What is needed is the whole of the data, set down exactly.

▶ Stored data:
--- START ---
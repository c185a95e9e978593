-- ===== src/Courses.antt =====
-- Requests to the registry one after another: transitions (services/transitions.py), reviews
-- (services/reviews.py) and the intake of observations (services/detection.py), whatever their
-- outcomes. `begin_write_transaction` serialises the writers.
pub mod Soundness
use fireviewer_backend.Call.{Call}
use fireviewer_backend.Detection.Process.{process_detection}
use fireviewer_backend.Detection.Request.{DetectionRequest, DetectionResponse, Intake}
use fireviewer_backend.Doubles.{Doubles, Settings, TextTools}
use fireviewer_backend.Incident.Create.{Keys}
use fireviewer_backend.Incident.Lifecycle.{TransitionRequest, TransitionResponse}
use fireviewer_backend.Incident.Rows.{Registry}
use fireviewer_backend.Incident.Sound.Ready.{FreshKeys}
use fireviewer_backend.Incident.Transition.{transition_incident}
use fireviewer_backend.Matching.Candidates.{SpatialIndex}
use fireviewer_backend.Platform.{Platform, Value}
use fireviewer_backend.Prelude.{Option, String, ◌≡◌}
use fireviewer_backend.Reviews.Request.{ReviewResolutionRequest, ReviewResolutionResponse}
use fireviewer_backend.Reviews.Resolve.{resolve_review}
use fireviewer_backend.Reviews.Soundness.{RejectsCurrent}
use fireviewer_backend.Session.{durable_of, request}

module _ (P : Platform) (F : Doubles) (T : TextTools) (X : SpatialIndex) (settings : Settings)
    (read_transition : Value → Option TransitionResponse)
    (read_review : Value → Option ReviewResolutionResponse)
    (read_detection : Value → Option DetectionResponse) where
  -- One request and the durable store that it leaves.
  pub data Request : Registry → Registry → Type 0 where
    transition_request :
        (fire_id : String) (p : TransitionRequest) (call : Call) {db db' : Registry}
        → db' ≡ durable_of (request (transition_incident P fire_id p call read_transition) db)
        → Request db db'
    review_request :
        (keys : Keys) (observation_id : String) (p : ReviewResolutionRequest) (call : Call)
        {db db' : Registry}
        → FreshKeys keys db
        → RejectsCurrent P F settings keys observation_id p call db
        → db'
          ≡ durable_of
              (request (resolve_review P F settings keys observation_id p call read_review) db)
        → Request db db'
    detection_request :
        (p : DetectionRequest) (n : Intake) {db db' : Registry}
        → FreshKeys n.keys db
        → db' ≡ durable_of (request (process_detection P F T X settings p n read_detection) db)
        → Request db db'

  pub data History : Registry → Registry → Type 0 where
    nothing_more : {db db' : Registry} → db' ≡ db → History db db'
    after_request : {db db' db'' : Registry} → Request db db' → History db' db'' → History db db''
--- END ---
▶ Your response:
repository c185a95e9e978593
-- ===== src/Courses.antt =====
-- Requests to the registry one after another: transitions (services/transitions.py), reviews
-- (services/reviews.py) and the intake of observations (services/detection.py), whatever their
-- outcomes. `begin_write_transaction` serialises the writers.
pub mod Soundness
use fireviewer_backend.Call.{Call}
use fireviewer_backend.Detection.Process.{process_detection}
use fireviewer_backend.Detection.Request.{DetectionRequest, DetectionResponse, Intake}
use fireviewer_backend.Doubles.{Doubles, Settings, TextTools}
use fireviewer_backend.Incident.Create.{Keys}
use fireviewer_backend.Incident.Lifecycle.{TransitionRequest, TransitionResponse}
use fireviewer_backend.Incident.Rows.{Registry}
use fireviewer_backend.Incident.Sound.Ready.{FreshKeys}
use fireviewer_backend.Incident.Transition.{transition_incident}
use fireviewer_backend.Matching.Candidates.{SpatialIndex}
use fireviewer_backend.Platform.{Platform, Value}
use fireviewer_backend.Prelude.{Option, String, ◌≡◌}
use fireviewer_backend.Reviews.Request.{ReviewResolutionRequest, ReviewResolutionResponse}
use fireviewer_backend.Reviews.Resolve.{resolve_review}
use fireviewer_backend.Reviews.Soundness.{RejectsCurrent}
use fireviewer_backend.Session.{durable_of, request}

module _ (P : Platform) (F : Doubles) (T : TextTools) (X : SpatialIndex) (settings : Settings)
    (read_transition : Value → Option TransitionResponse)
    (read_review : Value → Option ReviewResolutionResponse)
    (read_detection : Value → Option DetectionResponse) where
  -- One request and the durable store that it leaves.
  pub data Request : Registry → Registry → Type 0 where
    transition_request :
        (fire_id : String) (p : TransitionRequest) (call : Call) {db db' : Registry}
        → db' ≡ durable_of (request (transition_incident P fire_id p call read_transition) db)
        → Request db db'
    review_request :
        (keys : Keys) (observation_id : String) (p : ReviewResolutionRequest) (call : Call)
        {db db' : Registry}
        → FreshKeys keys db
        → RejectsCurrent P F settings keys observation_id p call db
        → db'
          ≡ durable_of
              (request (resolve_review P F settings keys observation_id p call read_review) db)
        → Request db db'
    detection_request :
        (p : DetectionRequest) (n : Intake) {db db' : Registry}
        → FreshKeys n.keys db
        → db' ≡ durable_of (request (process_detection P F T X settings p n read_detection) db)
        → Request db db'

  pub data History : Registry → Registry → Type 0 where
    nothing_more : {db db' : Registry} → db' ≡ db → History db db'
    after_request : {db db' db'' : Registry} → Request db db' → History db' db'' → History db db''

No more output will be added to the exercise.